*** Begin section ***
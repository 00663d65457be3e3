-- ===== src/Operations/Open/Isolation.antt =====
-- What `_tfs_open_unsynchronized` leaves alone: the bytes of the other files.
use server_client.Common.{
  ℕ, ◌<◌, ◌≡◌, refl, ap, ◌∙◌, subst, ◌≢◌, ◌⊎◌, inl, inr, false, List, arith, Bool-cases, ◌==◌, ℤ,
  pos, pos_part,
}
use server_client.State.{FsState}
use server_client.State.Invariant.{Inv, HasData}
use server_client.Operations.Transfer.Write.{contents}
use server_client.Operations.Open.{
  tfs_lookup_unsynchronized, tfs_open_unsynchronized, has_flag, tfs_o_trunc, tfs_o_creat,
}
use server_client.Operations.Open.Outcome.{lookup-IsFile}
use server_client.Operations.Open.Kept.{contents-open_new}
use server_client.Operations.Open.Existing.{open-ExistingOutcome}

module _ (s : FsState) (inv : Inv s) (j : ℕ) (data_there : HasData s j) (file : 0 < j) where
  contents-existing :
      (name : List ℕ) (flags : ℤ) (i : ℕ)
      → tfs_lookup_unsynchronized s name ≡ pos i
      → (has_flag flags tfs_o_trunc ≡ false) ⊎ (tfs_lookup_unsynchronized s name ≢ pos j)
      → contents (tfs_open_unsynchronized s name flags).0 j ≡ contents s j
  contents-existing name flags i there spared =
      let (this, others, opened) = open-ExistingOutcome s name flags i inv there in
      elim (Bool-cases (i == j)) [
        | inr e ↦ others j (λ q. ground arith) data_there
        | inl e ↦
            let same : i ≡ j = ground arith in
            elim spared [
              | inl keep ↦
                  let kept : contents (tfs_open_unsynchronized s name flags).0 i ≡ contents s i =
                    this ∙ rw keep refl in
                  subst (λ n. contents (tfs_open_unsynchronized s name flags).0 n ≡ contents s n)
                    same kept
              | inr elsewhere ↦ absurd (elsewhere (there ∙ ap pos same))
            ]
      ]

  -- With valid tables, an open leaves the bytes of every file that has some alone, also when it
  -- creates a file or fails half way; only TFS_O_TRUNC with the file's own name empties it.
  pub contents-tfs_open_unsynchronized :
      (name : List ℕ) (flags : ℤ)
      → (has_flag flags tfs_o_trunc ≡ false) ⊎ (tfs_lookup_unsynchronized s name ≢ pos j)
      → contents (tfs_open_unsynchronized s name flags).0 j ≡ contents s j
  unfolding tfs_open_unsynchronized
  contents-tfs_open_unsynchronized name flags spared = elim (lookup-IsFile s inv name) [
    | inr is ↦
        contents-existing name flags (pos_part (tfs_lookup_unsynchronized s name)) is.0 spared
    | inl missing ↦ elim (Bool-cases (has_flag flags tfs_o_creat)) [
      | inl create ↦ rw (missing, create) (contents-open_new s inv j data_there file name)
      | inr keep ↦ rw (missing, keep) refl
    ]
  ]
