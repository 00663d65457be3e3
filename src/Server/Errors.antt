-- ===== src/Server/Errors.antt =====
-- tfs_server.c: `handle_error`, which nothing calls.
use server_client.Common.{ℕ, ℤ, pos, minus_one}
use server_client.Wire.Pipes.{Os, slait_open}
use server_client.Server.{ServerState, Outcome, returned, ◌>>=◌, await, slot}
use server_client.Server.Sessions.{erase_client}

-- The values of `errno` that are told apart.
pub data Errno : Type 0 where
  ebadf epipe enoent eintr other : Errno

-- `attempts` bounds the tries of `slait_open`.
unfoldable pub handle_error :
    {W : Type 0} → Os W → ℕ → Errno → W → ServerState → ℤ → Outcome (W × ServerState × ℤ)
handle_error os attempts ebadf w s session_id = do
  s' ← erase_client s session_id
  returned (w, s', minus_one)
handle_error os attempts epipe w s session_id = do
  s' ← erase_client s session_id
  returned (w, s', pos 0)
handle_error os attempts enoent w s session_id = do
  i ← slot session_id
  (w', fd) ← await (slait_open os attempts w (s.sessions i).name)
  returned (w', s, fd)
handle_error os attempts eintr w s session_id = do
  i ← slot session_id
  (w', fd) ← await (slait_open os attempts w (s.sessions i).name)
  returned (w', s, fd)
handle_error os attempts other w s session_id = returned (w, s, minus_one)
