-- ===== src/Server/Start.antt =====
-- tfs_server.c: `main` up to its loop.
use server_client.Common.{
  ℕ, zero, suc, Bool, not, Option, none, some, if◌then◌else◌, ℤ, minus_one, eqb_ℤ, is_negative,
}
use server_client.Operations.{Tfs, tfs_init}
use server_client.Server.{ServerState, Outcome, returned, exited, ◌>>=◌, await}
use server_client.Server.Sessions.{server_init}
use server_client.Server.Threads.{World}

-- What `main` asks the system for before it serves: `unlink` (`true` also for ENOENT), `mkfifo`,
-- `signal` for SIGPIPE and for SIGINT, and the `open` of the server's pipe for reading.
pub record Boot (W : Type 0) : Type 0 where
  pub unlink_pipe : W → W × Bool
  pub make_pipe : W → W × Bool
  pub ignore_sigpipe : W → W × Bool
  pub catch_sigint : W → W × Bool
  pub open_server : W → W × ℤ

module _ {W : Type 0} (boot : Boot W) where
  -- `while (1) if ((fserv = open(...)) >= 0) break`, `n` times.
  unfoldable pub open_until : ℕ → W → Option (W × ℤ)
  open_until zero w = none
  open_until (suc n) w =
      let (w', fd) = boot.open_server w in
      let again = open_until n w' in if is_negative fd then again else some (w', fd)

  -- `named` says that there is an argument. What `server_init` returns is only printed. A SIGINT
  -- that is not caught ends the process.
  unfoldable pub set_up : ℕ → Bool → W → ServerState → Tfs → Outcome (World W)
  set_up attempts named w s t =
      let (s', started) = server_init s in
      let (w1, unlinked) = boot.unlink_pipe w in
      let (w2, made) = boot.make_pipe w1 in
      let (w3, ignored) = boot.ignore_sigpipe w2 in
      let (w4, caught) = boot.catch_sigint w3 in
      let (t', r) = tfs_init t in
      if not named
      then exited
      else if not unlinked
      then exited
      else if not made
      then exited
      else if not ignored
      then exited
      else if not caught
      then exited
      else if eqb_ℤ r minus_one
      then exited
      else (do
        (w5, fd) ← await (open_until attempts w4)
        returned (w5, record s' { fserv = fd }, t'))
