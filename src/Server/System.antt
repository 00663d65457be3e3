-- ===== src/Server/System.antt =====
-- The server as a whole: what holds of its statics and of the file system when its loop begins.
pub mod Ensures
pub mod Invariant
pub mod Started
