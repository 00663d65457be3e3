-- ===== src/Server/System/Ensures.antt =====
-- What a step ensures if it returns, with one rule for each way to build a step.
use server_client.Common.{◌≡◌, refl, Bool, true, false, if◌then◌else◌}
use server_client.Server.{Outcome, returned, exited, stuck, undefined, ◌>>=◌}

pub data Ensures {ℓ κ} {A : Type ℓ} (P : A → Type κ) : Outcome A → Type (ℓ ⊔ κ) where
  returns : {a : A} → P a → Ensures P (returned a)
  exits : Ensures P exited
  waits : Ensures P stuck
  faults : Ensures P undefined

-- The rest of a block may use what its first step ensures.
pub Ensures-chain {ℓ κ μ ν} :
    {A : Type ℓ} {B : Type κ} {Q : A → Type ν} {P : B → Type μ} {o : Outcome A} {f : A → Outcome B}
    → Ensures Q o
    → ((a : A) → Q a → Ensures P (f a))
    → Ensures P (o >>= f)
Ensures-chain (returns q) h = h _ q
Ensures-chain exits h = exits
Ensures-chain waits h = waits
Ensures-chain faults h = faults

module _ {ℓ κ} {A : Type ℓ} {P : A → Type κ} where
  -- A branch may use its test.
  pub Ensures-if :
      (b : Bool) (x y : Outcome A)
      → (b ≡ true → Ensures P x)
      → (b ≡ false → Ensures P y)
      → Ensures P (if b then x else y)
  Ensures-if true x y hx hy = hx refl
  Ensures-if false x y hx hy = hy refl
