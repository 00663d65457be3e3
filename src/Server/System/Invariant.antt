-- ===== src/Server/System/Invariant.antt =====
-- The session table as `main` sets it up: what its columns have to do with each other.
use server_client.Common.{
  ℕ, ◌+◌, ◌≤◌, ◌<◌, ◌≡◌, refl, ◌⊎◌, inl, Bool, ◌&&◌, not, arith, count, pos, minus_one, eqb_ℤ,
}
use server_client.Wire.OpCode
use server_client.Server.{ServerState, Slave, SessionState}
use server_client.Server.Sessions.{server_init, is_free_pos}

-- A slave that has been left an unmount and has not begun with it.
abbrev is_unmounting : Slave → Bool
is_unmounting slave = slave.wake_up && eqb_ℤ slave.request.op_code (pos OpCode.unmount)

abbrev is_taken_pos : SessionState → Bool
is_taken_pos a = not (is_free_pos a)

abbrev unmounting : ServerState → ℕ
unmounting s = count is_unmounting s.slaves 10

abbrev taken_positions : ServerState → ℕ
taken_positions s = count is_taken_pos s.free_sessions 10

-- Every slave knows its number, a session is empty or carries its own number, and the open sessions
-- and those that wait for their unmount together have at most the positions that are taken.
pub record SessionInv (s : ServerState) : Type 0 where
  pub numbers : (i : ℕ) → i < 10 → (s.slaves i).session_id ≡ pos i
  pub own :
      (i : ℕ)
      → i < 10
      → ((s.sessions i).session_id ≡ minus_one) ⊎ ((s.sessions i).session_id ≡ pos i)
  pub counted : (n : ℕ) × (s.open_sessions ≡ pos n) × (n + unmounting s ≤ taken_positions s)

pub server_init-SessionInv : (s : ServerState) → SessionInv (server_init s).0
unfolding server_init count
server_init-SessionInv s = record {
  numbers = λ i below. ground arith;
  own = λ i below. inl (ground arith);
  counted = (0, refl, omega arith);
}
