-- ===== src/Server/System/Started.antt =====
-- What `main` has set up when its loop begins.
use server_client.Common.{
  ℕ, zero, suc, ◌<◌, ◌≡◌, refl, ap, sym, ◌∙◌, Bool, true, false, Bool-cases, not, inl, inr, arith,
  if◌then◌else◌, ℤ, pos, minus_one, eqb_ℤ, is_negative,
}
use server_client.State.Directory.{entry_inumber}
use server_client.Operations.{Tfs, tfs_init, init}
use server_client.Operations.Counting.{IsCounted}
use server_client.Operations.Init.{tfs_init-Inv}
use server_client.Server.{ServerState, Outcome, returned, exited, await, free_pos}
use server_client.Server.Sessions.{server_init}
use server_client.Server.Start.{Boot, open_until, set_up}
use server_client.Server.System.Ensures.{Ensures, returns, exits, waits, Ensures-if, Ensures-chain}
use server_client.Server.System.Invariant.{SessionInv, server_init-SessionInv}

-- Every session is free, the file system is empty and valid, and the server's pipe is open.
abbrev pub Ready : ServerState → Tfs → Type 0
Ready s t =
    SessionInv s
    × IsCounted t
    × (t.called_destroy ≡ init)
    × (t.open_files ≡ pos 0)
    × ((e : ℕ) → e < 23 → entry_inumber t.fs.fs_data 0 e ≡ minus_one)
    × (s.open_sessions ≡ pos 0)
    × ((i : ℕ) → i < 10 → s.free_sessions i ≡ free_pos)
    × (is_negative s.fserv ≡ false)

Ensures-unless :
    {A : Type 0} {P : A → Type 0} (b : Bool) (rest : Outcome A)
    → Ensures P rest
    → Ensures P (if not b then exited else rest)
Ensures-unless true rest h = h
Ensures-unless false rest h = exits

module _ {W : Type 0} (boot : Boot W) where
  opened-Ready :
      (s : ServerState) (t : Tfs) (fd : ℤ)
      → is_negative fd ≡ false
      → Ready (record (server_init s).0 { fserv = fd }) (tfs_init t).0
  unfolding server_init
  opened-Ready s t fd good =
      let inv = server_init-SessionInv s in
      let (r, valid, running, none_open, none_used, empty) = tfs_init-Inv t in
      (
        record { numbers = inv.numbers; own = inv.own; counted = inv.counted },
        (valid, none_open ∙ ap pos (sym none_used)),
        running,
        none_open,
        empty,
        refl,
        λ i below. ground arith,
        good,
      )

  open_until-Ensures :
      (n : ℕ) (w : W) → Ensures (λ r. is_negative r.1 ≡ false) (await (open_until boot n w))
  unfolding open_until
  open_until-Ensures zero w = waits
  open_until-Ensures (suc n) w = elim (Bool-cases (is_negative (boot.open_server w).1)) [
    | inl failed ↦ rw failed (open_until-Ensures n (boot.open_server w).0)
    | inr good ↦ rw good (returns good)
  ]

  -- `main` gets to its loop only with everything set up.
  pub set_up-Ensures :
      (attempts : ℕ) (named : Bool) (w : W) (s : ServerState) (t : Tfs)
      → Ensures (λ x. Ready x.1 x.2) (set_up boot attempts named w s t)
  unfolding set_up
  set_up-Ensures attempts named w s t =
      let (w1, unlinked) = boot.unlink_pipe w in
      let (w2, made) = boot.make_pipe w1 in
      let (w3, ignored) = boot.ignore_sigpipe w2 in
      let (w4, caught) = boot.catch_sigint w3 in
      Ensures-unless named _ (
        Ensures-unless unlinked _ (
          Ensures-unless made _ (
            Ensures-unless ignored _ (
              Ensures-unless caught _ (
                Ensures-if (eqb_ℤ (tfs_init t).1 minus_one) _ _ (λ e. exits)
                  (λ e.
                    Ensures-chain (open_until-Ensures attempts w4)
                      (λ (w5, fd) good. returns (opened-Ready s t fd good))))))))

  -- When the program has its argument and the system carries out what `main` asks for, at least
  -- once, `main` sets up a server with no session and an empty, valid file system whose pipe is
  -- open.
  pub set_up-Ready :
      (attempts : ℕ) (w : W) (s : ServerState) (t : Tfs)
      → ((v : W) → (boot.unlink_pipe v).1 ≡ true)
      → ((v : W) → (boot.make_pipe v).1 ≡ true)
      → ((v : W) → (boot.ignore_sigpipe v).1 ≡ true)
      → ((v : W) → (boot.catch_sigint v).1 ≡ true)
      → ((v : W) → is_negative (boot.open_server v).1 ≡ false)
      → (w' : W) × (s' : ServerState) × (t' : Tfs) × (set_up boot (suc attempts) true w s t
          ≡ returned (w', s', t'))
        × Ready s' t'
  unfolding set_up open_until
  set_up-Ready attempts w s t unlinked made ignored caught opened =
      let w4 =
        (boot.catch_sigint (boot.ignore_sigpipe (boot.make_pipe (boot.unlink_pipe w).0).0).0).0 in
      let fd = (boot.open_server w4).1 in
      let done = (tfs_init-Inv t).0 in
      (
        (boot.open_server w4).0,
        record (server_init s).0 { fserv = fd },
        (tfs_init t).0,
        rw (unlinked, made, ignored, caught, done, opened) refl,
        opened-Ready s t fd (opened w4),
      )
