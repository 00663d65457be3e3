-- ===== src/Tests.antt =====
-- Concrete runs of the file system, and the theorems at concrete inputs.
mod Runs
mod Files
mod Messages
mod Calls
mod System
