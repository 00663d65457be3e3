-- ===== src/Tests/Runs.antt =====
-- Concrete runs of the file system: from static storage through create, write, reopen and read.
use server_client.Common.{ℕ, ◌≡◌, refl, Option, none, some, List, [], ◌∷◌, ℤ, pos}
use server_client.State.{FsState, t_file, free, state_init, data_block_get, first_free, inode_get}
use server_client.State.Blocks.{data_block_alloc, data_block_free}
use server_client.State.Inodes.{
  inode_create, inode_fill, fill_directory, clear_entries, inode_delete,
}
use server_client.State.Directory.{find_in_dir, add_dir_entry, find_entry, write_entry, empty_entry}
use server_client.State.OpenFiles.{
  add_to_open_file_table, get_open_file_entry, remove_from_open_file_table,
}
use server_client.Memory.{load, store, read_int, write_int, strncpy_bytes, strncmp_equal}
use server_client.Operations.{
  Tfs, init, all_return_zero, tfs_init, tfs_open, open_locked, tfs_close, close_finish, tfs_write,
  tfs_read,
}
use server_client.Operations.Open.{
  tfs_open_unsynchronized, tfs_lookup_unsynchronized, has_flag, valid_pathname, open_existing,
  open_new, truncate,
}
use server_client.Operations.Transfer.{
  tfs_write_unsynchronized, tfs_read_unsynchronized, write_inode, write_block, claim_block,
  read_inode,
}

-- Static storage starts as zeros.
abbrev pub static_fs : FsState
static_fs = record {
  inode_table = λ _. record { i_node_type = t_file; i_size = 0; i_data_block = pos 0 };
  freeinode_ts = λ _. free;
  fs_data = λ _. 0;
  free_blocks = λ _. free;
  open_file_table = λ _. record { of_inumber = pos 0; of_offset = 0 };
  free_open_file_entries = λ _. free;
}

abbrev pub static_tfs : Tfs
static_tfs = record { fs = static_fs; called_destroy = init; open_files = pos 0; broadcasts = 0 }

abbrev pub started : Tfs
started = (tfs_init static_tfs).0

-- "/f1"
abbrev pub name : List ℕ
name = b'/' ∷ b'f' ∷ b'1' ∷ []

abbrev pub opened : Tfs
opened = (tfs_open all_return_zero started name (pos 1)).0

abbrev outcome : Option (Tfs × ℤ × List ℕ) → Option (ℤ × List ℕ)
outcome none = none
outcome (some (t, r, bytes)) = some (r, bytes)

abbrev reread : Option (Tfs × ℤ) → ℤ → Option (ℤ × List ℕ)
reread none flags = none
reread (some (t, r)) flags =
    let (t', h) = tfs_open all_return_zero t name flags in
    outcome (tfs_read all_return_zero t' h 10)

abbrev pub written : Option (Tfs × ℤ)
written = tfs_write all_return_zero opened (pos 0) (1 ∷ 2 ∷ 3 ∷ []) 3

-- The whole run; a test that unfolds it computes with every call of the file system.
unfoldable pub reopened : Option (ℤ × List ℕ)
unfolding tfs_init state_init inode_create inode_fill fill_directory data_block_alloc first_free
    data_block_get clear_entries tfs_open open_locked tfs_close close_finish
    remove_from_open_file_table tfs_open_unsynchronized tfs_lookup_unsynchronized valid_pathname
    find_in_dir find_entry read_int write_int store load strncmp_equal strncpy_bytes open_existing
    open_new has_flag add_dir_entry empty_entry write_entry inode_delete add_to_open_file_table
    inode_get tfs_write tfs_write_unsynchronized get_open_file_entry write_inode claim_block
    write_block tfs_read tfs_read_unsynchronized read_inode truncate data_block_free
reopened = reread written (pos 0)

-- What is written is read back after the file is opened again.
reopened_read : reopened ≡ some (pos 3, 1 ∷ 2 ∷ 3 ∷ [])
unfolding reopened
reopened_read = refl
*** End section ***
Instructions for the task → If a line in the data above contains "elim", return that line.

Output of the task →
      elim (Bool-cases (i == j)) [
            elim spared [
  contents-tfs_open_unsynchronized name flags spared = elim (lookup-IsFile s inv name) [
    | inl missing ↦ elim (Bool-cases (has_flag flags tfs_o_creat)) [
  open_until-Ensures (suc n) w = elim (Bool-cases (is_negative (boot.open_server w).1)) [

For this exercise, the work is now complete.